-- Your task --
Would you give the number of lines below in which the string "frames" appears? Nothing else is needed.
------
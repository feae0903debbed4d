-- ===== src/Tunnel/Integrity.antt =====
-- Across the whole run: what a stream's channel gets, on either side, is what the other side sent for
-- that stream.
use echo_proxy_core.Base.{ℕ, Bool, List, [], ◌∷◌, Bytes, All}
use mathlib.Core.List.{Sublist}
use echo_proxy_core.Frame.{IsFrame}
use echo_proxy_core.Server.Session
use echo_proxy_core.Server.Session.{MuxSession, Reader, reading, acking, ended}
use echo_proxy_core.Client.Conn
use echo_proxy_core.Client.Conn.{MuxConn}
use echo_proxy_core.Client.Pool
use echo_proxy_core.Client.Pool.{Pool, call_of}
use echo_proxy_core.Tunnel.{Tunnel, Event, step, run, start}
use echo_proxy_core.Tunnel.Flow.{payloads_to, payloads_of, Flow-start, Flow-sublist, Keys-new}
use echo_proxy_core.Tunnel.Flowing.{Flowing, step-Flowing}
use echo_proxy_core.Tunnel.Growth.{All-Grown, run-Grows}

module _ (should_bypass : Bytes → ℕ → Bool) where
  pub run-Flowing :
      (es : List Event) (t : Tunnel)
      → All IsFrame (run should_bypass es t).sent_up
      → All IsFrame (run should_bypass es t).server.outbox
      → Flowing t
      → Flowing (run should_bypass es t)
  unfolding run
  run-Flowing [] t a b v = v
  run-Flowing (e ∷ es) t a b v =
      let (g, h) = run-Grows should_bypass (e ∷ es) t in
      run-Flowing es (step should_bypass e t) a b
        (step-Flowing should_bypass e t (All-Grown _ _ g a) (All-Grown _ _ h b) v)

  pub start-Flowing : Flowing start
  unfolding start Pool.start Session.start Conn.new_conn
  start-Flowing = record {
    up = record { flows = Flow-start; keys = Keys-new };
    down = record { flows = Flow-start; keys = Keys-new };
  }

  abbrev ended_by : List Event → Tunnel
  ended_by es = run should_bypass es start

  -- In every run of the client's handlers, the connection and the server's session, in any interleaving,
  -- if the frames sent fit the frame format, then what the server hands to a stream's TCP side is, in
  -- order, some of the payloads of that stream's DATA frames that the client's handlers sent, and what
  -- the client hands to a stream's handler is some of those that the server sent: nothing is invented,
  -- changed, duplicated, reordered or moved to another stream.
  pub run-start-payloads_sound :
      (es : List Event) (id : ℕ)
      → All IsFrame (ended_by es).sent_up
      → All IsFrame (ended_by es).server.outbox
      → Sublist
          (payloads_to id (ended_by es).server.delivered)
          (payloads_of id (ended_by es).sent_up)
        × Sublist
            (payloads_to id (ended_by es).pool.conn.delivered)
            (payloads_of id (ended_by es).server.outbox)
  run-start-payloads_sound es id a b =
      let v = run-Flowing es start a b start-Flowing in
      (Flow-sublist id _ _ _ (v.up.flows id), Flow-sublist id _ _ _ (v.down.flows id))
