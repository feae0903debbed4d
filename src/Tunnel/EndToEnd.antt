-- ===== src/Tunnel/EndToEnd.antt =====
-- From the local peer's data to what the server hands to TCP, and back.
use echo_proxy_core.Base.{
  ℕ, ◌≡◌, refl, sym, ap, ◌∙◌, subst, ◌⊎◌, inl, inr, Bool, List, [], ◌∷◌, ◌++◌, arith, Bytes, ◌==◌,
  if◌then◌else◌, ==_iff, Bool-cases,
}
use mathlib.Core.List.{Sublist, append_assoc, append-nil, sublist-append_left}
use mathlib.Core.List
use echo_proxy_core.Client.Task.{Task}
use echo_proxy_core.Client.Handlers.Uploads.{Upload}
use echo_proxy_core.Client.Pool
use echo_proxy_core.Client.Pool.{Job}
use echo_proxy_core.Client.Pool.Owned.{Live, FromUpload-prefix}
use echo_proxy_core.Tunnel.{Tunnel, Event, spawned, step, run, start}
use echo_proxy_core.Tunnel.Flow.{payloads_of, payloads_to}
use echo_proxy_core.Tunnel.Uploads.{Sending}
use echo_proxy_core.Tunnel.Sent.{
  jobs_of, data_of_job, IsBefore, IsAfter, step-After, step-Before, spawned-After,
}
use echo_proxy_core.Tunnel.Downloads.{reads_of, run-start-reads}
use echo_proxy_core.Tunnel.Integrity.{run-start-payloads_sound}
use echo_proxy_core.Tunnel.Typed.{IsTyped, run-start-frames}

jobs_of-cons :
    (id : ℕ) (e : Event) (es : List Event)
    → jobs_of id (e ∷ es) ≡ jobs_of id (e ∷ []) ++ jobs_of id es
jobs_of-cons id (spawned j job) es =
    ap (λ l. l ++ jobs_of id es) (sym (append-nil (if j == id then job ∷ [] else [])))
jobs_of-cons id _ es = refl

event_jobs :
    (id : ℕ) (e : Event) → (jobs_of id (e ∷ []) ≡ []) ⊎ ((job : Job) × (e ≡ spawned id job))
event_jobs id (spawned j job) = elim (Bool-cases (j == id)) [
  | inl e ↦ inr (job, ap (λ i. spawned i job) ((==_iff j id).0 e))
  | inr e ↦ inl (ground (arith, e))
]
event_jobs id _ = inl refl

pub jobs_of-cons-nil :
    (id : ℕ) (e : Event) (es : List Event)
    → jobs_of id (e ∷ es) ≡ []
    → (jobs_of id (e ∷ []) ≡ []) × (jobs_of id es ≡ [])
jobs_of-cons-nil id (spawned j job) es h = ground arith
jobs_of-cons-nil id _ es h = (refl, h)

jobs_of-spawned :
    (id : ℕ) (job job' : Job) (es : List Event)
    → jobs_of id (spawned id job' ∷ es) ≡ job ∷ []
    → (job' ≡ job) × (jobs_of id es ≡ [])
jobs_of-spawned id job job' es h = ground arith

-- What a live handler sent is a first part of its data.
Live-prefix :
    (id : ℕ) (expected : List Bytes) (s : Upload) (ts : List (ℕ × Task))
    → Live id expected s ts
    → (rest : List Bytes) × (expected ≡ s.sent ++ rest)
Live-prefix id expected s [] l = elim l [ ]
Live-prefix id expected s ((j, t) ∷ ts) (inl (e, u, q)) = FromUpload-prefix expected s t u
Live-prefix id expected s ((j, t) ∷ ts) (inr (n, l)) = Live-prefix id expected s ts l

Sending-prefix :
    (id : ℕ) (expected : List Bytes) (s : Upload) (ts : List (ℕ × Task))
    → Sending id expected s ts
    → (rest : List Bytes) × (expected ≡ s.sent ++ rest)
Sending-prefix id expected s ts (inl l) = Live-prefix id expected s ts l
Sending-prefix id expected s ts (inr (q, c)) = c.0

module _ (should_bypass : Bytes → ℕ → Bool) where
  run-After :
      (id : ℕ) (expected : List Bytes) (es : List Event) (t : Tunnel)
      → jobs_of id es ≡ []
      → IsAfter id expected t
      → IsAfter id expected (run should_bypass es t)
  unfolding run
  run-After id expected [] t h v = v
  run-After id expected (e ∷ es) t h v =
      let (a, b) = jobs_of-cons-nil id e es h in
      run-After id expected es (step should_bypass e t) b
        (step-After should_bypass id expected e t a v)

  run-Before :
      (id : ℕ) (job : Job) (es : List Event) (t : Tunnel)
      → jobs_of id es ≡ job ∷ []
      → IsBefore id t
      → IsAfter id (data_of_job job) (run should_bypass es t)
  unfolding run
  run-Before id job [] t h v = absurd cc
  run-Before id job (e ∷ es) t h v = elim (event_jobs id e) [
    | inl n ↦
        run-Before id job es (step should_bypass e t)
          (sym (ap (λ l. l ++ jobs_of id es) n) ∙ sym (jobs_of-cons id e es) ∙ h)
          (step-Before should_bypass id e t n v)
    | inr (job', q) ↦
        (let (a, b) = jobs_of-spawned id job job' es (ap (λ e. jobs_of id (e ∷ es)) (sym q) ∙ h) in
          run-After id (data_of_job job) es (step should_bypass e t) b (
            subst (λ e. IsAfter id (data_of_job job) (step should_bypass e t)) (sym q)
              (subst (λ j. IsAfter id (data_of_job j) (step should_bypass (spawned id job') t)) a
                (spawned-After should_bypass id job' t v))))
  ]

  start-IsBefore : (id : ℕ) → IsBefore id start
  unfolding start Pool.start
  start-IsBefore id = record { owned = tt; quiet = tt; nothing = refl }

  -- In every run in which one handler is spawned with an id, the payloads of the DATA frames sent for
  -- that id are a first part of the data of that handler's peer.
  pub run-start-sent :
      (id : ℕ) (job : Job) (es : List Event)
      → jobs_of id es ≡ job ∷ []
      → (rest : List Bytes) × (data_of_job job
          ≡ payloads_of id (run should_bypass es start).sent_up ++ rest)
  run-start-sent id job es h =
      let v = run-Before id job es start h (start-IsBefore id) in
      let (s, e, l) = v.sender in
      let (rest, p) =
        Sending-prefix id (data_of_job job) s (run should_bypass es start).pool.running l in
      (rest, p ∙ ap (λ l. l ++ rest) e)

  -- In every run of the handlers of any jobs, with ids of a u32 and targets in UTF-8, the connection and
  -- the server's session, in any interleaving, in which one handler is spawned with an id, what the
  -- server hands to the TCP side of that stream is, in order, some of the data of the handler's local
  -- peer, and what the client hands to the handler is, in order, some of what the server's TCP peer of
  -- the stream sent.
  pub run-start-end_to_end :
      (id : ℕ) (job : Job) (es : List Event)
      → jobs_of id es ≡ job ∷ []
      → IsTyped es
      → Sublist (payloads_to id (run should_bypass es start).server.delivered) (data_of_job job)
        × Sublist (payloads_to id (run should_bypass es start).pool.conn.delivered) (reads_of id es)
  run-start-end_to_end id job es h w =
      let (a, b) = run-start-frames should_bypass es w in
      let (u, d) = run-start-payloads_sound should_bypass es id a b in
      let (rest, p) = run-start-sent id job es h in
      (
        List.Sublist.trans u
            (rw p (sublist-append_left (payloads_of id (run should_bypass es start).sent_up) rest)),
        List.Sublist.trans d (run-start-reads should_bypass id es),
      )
------
-- Result of the exercise --
5